> ACTIVITY:
Please give back only the lines below from the one containing "with_user-view t u k m drop_conn" to the one containing "(t : Tracker) (u : Bytes) (n", each repeated word for word, both ends included.

________________________________________

-- ===== src/Tracker/View.antt =====
-- The usage that internal/bandwidth/tracker.go keeps, seen as four numbers for each name.
use multi_protocol_proxy.Prelude.{
  ℕ, ◌*◌, ◌^◌, ◌<◌, true, Option, none, some, Bytes, ◌≡◌, ◌↔◌, refl, arith, ap, ◌∙◌, lookup, str_eq,
  str_eq_iff, positive, add64, sub64, slt, half_mod, if◌then◌else◌, lookup-insert,
  lookup-map_values, Option-cases, Bool-cases, positive-of_bounds, slt_iff, inl, inr,
}
use multi_protocol_proxy.Tracker.{
  Tracker, UserUsage, Moment, new_usage, usage_or_new, with_user, get_or_create, save_to_disk,
  reset_usage, check_monthly_reset, add_bytes, record_bytes, limit_bytes, check_allowance,
  get_usage, new_tracker, increment_conns, decrement_conns, check_conn_limit, add_conn, drop_conn,
}

pub record Counters : Type 0 where
  pub up : ℕ
  pub down : ℕ
  pub total : ℕ
  pub conns : ℕ

abbrev pub counters : UserUsage → Counters
counters u = record {
  up = u.bytes_up;
  down = u.bytes_down;
  total = u.total_bytes;
  conns = u.active_conns;
}

abbrev pub counters_or_zero : Option UserUsage → Counters
counters_or_zero (some u) = counters u
counters_or_zero none = record { up = 0; down = 0; total = 0; conns = 0 }

-- A name that is not stored counts as zero.
unfoldable pub view : Tracker → Bytes → Counters
view t k = counters_or_zero (lookup k t.users)

abbrev pub cleared : Counters → Counters
cleared c = record { up = 0; down = 0; total = 0; conns = c.conns }

abbrev pub plus_bytes : ℕ → ℕ → Counters → Counters
plus_bytes up down c = record c {
  up = add64 c.up up;
  down = add64 c.down down;
  total = add64 c.total (add64 up down);
}

-- A write to one name, by a function that acts on the counters alone.
pub with_user-view :
    (t : Tracker) (u k : Bytes) (m : Moment) (f : UserUsage → UserUsage) (g : Counters → Counters)
    → ((x : UserUsage) → counters (f x) ≡ g (counters x))
    → view (with_user t u m f) k ≡ (if str_eq u k then g (view t k) else view t k)
unfolding view with_user usage_or_new
with_user-view t u k m f g acts = elim (Bool-cases (str_eq u k)) [
  | inl same ↦ elim (Option-cases (lookup u t.users)) [
    | inl e ↦ ground (
      arith,
      lookup-insert u k (f (new_usage m.stamp)) t.users,
      acts (new_usage m.stamp),
      str_eq_iff u k,
    )
    | inr (x, e) ↦ ground (arith, lookup-insert u k (f x) t.users, acts x, str_eq_iff u k)
  ]
  | inr other ↦ ground (arith, lookup-insert u k (f (usage_or_new t u m)) t.users)
]

-- The first call in a month other than the stored one clears the bytes of every name, and keeps
-- the connections; any other leaves every name as it is.
pub check_monthly_reset-view :
    (t : Tracker) (m : Moment) (k : Bytes)
    → view (check_monthly_reset t m) k
      ≡ (if str_eq m.month t.month then view t k else cleared (view t k))
unfolding check_monthly_reset view
check_monthly_reset-view t m k = elim (Option-cases (lookup k t.users)) [
  | inl e ↦ ground (arith, lookup-map_values (reset_usage m.stamp) k t.users)
  | inr (x, e) ↦ ground (arith, lookup-map_values (reset_usage m.stamp) k t.users)
]

-- `RecordBytes` adds to the name's own three counters, modulo 2^64, and to those of no other
-- name, after the reset of a new month.
pub record_bytes-view :
    (t : Tracker) (u k : Bytes) (up down : ℕ) (m : Moment)
    → let base = if str_eq m.month t.month then view t k else cleared (view t k) in
      view (record_bytes t u up down m) k ≡ (if str_eq u k then plus_bytes up down base else base)
unfolding record_bytes
record_bytes-view t u k up down m =
    with_user-view (check_monthly_reset t m) u k m (add_bytes up down) (plus_bytes up down)
      (λ x. unfold add_bytes in refl)
    ∙ ap (λ (c : Counters). if str_eq u k then plus_bytes up down c else c)
        (check_monthly_reset-view t m k)

-- Looking a name up may store a record of zeros under it, which changes no counter.
pub get_or_create-view :
    (t : Tracker) (u k : Bytes) (m : Moment) → view (get_or_create t u m).0 k ≡ view t k
unfolding get_or_create
get_or_create-view t u k m = with_user-view t u k m (λ x. x) (λ c. c) (λ x. refl) ∙ ground arith

pub get_or_create-counters :
    (t : Tracker) (u : Bytes) (m : Moment) → counters (get_or_create t u m).1 ≡ view t u
unfolding get_or_create usage_or_new view
get_or_create-counters t u m = ground arith

-- What `checkMonthlyReset` leaves of a name.
abbrev pub after_reset : Tracker → Moment → Bytes → Counters
after_reset t m k = if str_eq m.month t.month then view t k else cleared (view t k)

pub check_allowance-view :
    (t : Tracker) (u k : Bytes) (gb : ℕ) (m : Moment)
    → view (check_allowance t u gb m).0 k ≡ (if positive gb then after_reset t m k else view t k)
unfolding check_allowance
check_allowance-view t u k gb m =
    ground
      (arith, get_or_create-view (check_monthly_reset t m) u k m, check_monthly_reset-view t m k)

pub check_allowance-result :
    (t : Tracker) (u : Bytes) (gb : ℕ) (m : Moment)
    → (check_allowance t u gb m).1
      ≡ (if positive gb then slt (after_reset t m u).total (limit_bytes gb) else true)
unfolding check_allowance
check_allowance-result t u gb m =
    let total : (counters (get_or_create (check_monthly_reset t m) u m).1).total
        ≡ (after_reset t m u).total =
      ap (λ (c : Counters). c.total)
        (get_or_create-counters (check_monthly_reset t m) u m ∙ check_monthly_reset-view t m u) in
    ground (arith, total)

-- For a limit below 2^33 GB the product with 2^30 does not wrap.
pub limit_bytes-exact : (gb : ℕ) → gb < 2 ^ 33 → limit_bytes gb ≡ gb * 2 ^ 30
unfolding limit_bytes
limit_bytes-exact gb h = omega arith

-- With a positive limit below 2^33 GB and a total below 2^63, `CheckAllowance` admits a name exactly
-- when its bytes of the current month are fewer than the limit's, at 2^30 to the GB.
pub check_allowance_iff :
    (t : Tracker) (u : Bytes) (gb : ℕ) (m : Moment)
    → 0 < gb
    → gb < 2 ^ 33
    → (after_reset t m u).total < half_mod
    → ((check_allowance t u gb m).1 ≡ true) ↔ ((after_reset t m u).total < gb * 2 ^ 30)
check_allowance_iff t u gb m pos small fits =
    let total : ℕ = (after_reset t m u).total in
    rw
      (
        check_allowance-result t u gb m,
        limit_bytes-exact gb small,
        positive-of_bounds gb pos (omega arith),
      )
      (slt_iff total (gb * 2 ^ 30) fits (omega arith))

abbrev pub plus_conn : Counters → Counters
plus_conn c = record c { conns = add64 c.conns 1 }

abbrev pub minus_conn : Counters → Counters
minus_conn c = if positive c.conns then record c { conns = sub64 c.conns 1 } else c

pub increment_conns-view :
    (t : Tracker) (u k : Bytes) (m : Moment)
    → view (increment_conns t u m) k ≡ (if str_eq u k then plus_conn (view t k) else view t k)
unfolding increment_conns
increment_conns-view t u k m =
    with_user-view t u k m add_conn plus_conn (λ x. unfold add_conn in refl)

pub decrement_conns-view :
    (t : Tracker) (u k : Bytes) (m : Moment)
    → view (decrement_conns t u m) k ≡ (if str_eq u k then minus_conn (view t k) else view t k)
unfolding decrement_conns
decrement_conns-view t u k m =
    with_user-view t u k m drop_conn minus_conn (λ x. unfold drop_conn in ground arith)

pub check_conn_limit-view :
    (t : Tracker) (u k : Bytes) (n : ℕ) (m : Moment)
    → view (check_conn_limit t u n m).0 k ≡ view t k
unfolding check_conn_limit
check_conn_limit-view t u k n m = ground (arith, get_or_create-view t u k m)

pub check_conn_limit-result :
    (t : Tracker) (u : Bytes) (n : ℕ) (m : Moment)
    → (check_conn_limit t u n m).1 ≡ (if positive n then slt (view t u).conns n else true)
unfolding check_conn_limit
check_conn_limit-result t u n m =
    ground (arith, ap (λ (c : Counters). c.conns) (get_or_create-counters t u m))

pub save_to_disk-view :
    (t : Tracker) (k : Bytes) (m : Moment) → view (save_to_disk t m) k ≡ view t k
unfolding save_to_disk view
save_to_disk-view t k m = refl

pub get_usage-view :
    (t : Tracker) (u k : Bytes) (m : Moment) → view (get_usage t u m).0 k ≡ view t k
unfolding get_usage
get_usage-view t u k m = get_or_create-view t u k m

pub new_tracker-view :
    (m : Moment) (k : Bytes) → view (new_tracker none m) k ≡ counters_or_zero none
unfolding new_tracker view lookup
new_tracker-view m k = refl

________________________________________

> RESPONSE AREA:
    with_user-view t u k m drop_conn minus_conn (λ x. unfold drop_conn in ground arith)

pub check_conn_limit-view :
    (t : Tracker) (u k : Bytes) (n : ℕ) (m : Moment)
    → view (check_conn_limit t u n m).0 k ≡ view t k
unfolding check_conn_limit
check_conn_limit-view t u k n m = ground (arith, get_or_create-view t u k m)

pub check_conn_limit-result :
    (t : Tracker) (u : Bytes) (n : ℕ) (m : Moment)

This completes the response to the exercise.